## Records to process
%%
-- ===== src/Runner/Router/Tree.antt =====
-- repogauge/runner/router.py: the decision tree of the router. A feature is a count or a flag, so a
-- natural number; a threshold, the middle of two, is held doubled.
pub mod Accuracy
use repogauge.Prelude.Text.{
  Text, codes, text_eq, text_eq_sound, text_eq_refl, strip_prefix, strip_prefix-append, starts_with,
  contains,
}
use repogauge.Prelude.{
  ℕ, zero, suc, ◌+◌, ◌-◌, ◌*◌, ◌/◌, ◌%◌, ◌≤◌, ◌<◌, String, ◌≡◌, refl, sym, ap, ◌∙◌, subst, ◌≢◌, ◌↔◌,
  ◌⊎◌, inl, inr, Bool, true, false, not, ◌&&◌, ◌||◌, Option, none, some, List, [], ◌∷◌, ◌++◌, map,
  arith, ◌==◌, eq_iff, eq_refl, ltb, leb, nat_eq, if◌then◌else◌, ltb→lt, lt→ltb, ltb→le, leb→le,
  le→leb, nat_eq→eq, nat_eq_refl, tests, Bool-cases, Option-cases, is_some, length, any, all, keep,
  is_empty, All, length-append, All-append, In, member, member→In, In→member, Dict, get, put,
  get-put, keys, branches_hold, taken_holds, some_of_else, member-keep, differ→≢, str_lt, count,
  take, drop,
}
use repogauge.Runner.Router.Labels.{
  Label, cheap_is_enough, label_eq, PreparedRow, Counts, no_counts, class_counts, seen_labels,
  majority_label, Fraction, at_least, below, not_below, close, gini,
}

-- `features.get(feature_name, 0.0)`; the rows of the training hold every feature
unfoldable pub feature_of : Dict ℕ → String → ℕ
feature_of features name = elim (get features name) [ none ↦ 0 | some v ↦ v ]

-- `sorted({...})` of numbers
unfoldable pub insert_number : ℕ → List ℕ → List ℕ
insert_number n [] = n ∷ []
insert_number n (m ∷ ms) =
    if nat_eq n m then m ∷ ms else if ltb n m then n ∷ m ∷ ms else m ∷ insert_number n ms

unfoldable pub sorted_numbers : List ℕ → List ℕ
unfolding insert_number
sorted_numbers [] = []
sorted_numbers (n ∷ ns) = insert_number n (sorted_numbers ns)

-- `left + right for left, right in zip(values, values[1:])`, the doubled middles
unfoldable pub middles : List ℕ → List ℕ
middles [] = []
middles (a ∷ []) = []
middles (a ∷ b ∷ vs) = (a + b) ∷ middles (b ∷ vs)

-- the thresholds of one feature; none where it has fewer than two values
unfoldable pub thresholds : List PreparedRow → String → List ℕ
unfolding sorted_numbers middles feature_of
thresholds rows feature_name =
    sorted_numbers
      (middles (sorted_numbers (map (λ row. feature_of row.features feature_name) rows)))

-- `float(row["features"][feature_name]) <= threshold`
unfoldable pub goes_left : String → ℕ → Dict ℕ → Bool
unfolding feature_of
goes_left feature_name threshold features = leb (2 * feature_of features feature_name) threshold

-- A candidate of _router_best_split.
pub record Split : Type 0 where
  pub feature : String
  pub threshold : ℕ
  pub left_rows : List PreparedRow
  pub right_rows : List PreparedRow
  pub weighted_gini : Fraction

unfoldable pub left_of : List PreparedRow → String → ℕ → List PreparedRow
left_of rows feature threshold = keep (λ row. goes_left feature threshold row.features) rows

unfoldable pub right_of : List PreparedRow → String → ℕ → List PreparedRow
right_of rows feature threshold = keep (λ row. not (goes_left feature threshold row.features)) rows

-- `len(left) / len(rows) * gini(left) + len(right) / len(rows) * gini(right)`
unfoldable pub weighted : List PreparedRow → List PreparedRow → ℕ → Fraction
unfolding class_counts gini
weighted left right count =
    let g = gini (class_counts left) in
    let h = gini (class_counts right) in
    record {
      num = length left * g.num * h.den + length right * h.num * g.den;
      den = count * g.den * h.den;
    }

unfoldable pub split_at : List PreparedRow → String → ℕ → Split
unfolding left_of right_of goes_left weighted
split_at rows feature threshold = record {
  feature = feature;
  threshold = threshold;
  left_rows = left_of rows feature threshold;
  right_rows = right_of rows feature threshold;
  weighted_gini =
      weighted (left_of rows feature threshold) (right_of rows feature threshold) (length rows);
}

-- `abs(len(left_rows) - len(right_rows))`
abbrev pub balance : Split → ℕ
balance s = (length s.left_rows - length s.right_rows) + (length s.right_rows - length s.left_rows)

-- `(feature_name, threshold) < (best[0], best[1])`
abbrev pub sorts_before : Split → Split → Bool
sorts_before s t =
    str_lt s.feature t.feature || (s.feature == t.feature && ltb s.threshold t.threshold)

-- the last lines of the loop: whether the candidate takes the place of the best
unfoldable pub takes_over : Split → Option Split → Bool
unfolding below close
takes_over s none = true
takes_over s (some best) =
    if below s.weighted_gini best.weighted_gini
    then true
    else if close s.weighted_gini best.weighted_gini
    then if ltb (balance s) (balance best)
      then true
      else nat_eq (balance s) (balance best) && sorts_before s best
    else false

-- one round of the loop over thresholds
unfoldable pub try_threshold : List PreparedRow → String → Option Split → ℕ → Option Split
unfolding split_at takes_over at_least gini class_counts
try_threshold rows feature best threshold =
    let s = split_at rows feature threshold in
    if is_empty s.left_rows || is_empty s.right_rows
    then best
    else if at_least s.weighted_gini (gini (class_counts rows))
    then best
    else if takes_over s best
    then some s
    else best

unfoldable pub try_thresholds : List PreparedRow → String → Option Split → List ℕ → Option Split
unfolding try_threshold
try_thresholds rows feature best [] = best
try_thresholds rows feature best (t ∷ ts) =
    try_thresholds rows feature (try_threshold rows feature best t) ts

unfoldable pub try_features : List PreparedRow → Option Split → List String → Option Split
unfolding try_thresholds thresholds
try_features rows best [] = best
try_features rows best (f ∷ fs) =
    try_features rows (try_thresholds rows f best (thresholds rows f)) fs

-- _router_best_split
unfoldable pub router_best_split : List PreparedRow → List String → Option Split
unfolding try_features
router_best_split rows feature_names =
    if ltb (length rows) 2 then none else try_features rows none feature_names

-- A node of the tree: what every node holds, and what a split adds.
pub record NodeInfo : Type 0 where
  pub prediction : Label
  pub counts : Counts
  pub sample_count : ℕ

pub data Tree : Type 0 where
  leaf : NodeInfo → Tree
  split : NodeInfo → String → ℕ → Fraction → Tree → Tree → Tree

unfoldable pub node_of : List PreparedRow → NodeInfo
unfolding class_counts majority_label
node_of rows = record {
  prediction = majority_label (class_counts rows);
  counts = class_counts rows;
  sample_count = length rows;
}

-- the returns of a leaf in _train_router_tree: one label, no split, or no gain worth the name
unfoldable pub accepted_split : List String → List PreparedRow → Option Split
unfolding router_best_split class_counts not_below gini
accepted_split feature_names rows =
    if leb (seen_labels (class_counts rows)) 1
    then none
    else elim (router_best_split rows feature_names) [
      | none ↦ none
      | some s ↦ if not_below s.weighted_gini (gini (class_counts rows)) then none else some s
    ]

-- _train_router_tree, by `max_depth - depth`, the depth that is left
unfoldable pub train_router_tree : List String → ℕ → List PreparedRow → Tree
unfolding node_of accepted_split gini class_counts
train_router_tree feature_names left [] =
    leaf (record { prediction = cheap_is_enough; counts = no_counts; sample_count = 0 })
train_router_tree feature_names zero (row ∷ rows) = leaf (node_of (row ∷ rows))
train_router_tree feature_names (suc left) (row ∷ rows) =
    elim (accepted_split feature_names (row ∷ rows)) [
      | none ↦ leaf (node_of (row ∷ rows))
      | some s ↦
          split (node_of (row ∷ rows)) s.feature s.threshold (gini (class_counts (row ∷ rows)))
            (train_router_tree feature_names left s.left_rows)
            (train_router_tree feature_names left s.right_rows)
    ]

-- _predict_router_label
unfoldable pub predict_router_label : Tree → Dict ℕ → Label
unfolding feature_of
predict_router_label (leaf node) features = node.prediction
predict_router_label (split node feature threshold g left right) features =
    if ltb threshold (2 * feature_of features feature)
    then predict_router_label right features
    else predict_router_label left features

-- the loop of _router_accuracy: how many rows the tree is right about
unfoldable pub correct : Tree → List PreparedRow → ℕ
unfolding predict_router_label
correct tree [] = 0
correct tree (row ∷ rows) =
    (if label_eq (predict_router_label tree row.features) row.label then 1 else 0)
    + correct tree rows

-- _router_accuracy
unfoldable pub router_accuracy : List PreparedRow → Tree → Fraction
unfolding correct
router_accuracy [] tree = record { num = 0; den = 1 }
router_accuracy (row ∷ rows) tree = record {
  num = correct tree (row ∷ rows);
  den = length (row ∷ rows);
}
%%
## Task objective
Which lines in the records above include the word "append"? Copy them out.

## Result
  Text, codes, text_eq, text_eq_sound, text_eq_refl, strip_prefix, strip_prefix-append, starts_with,
  is_empty, All, length-append, All-append, In, member, member→In, In→member, Dict, get, put,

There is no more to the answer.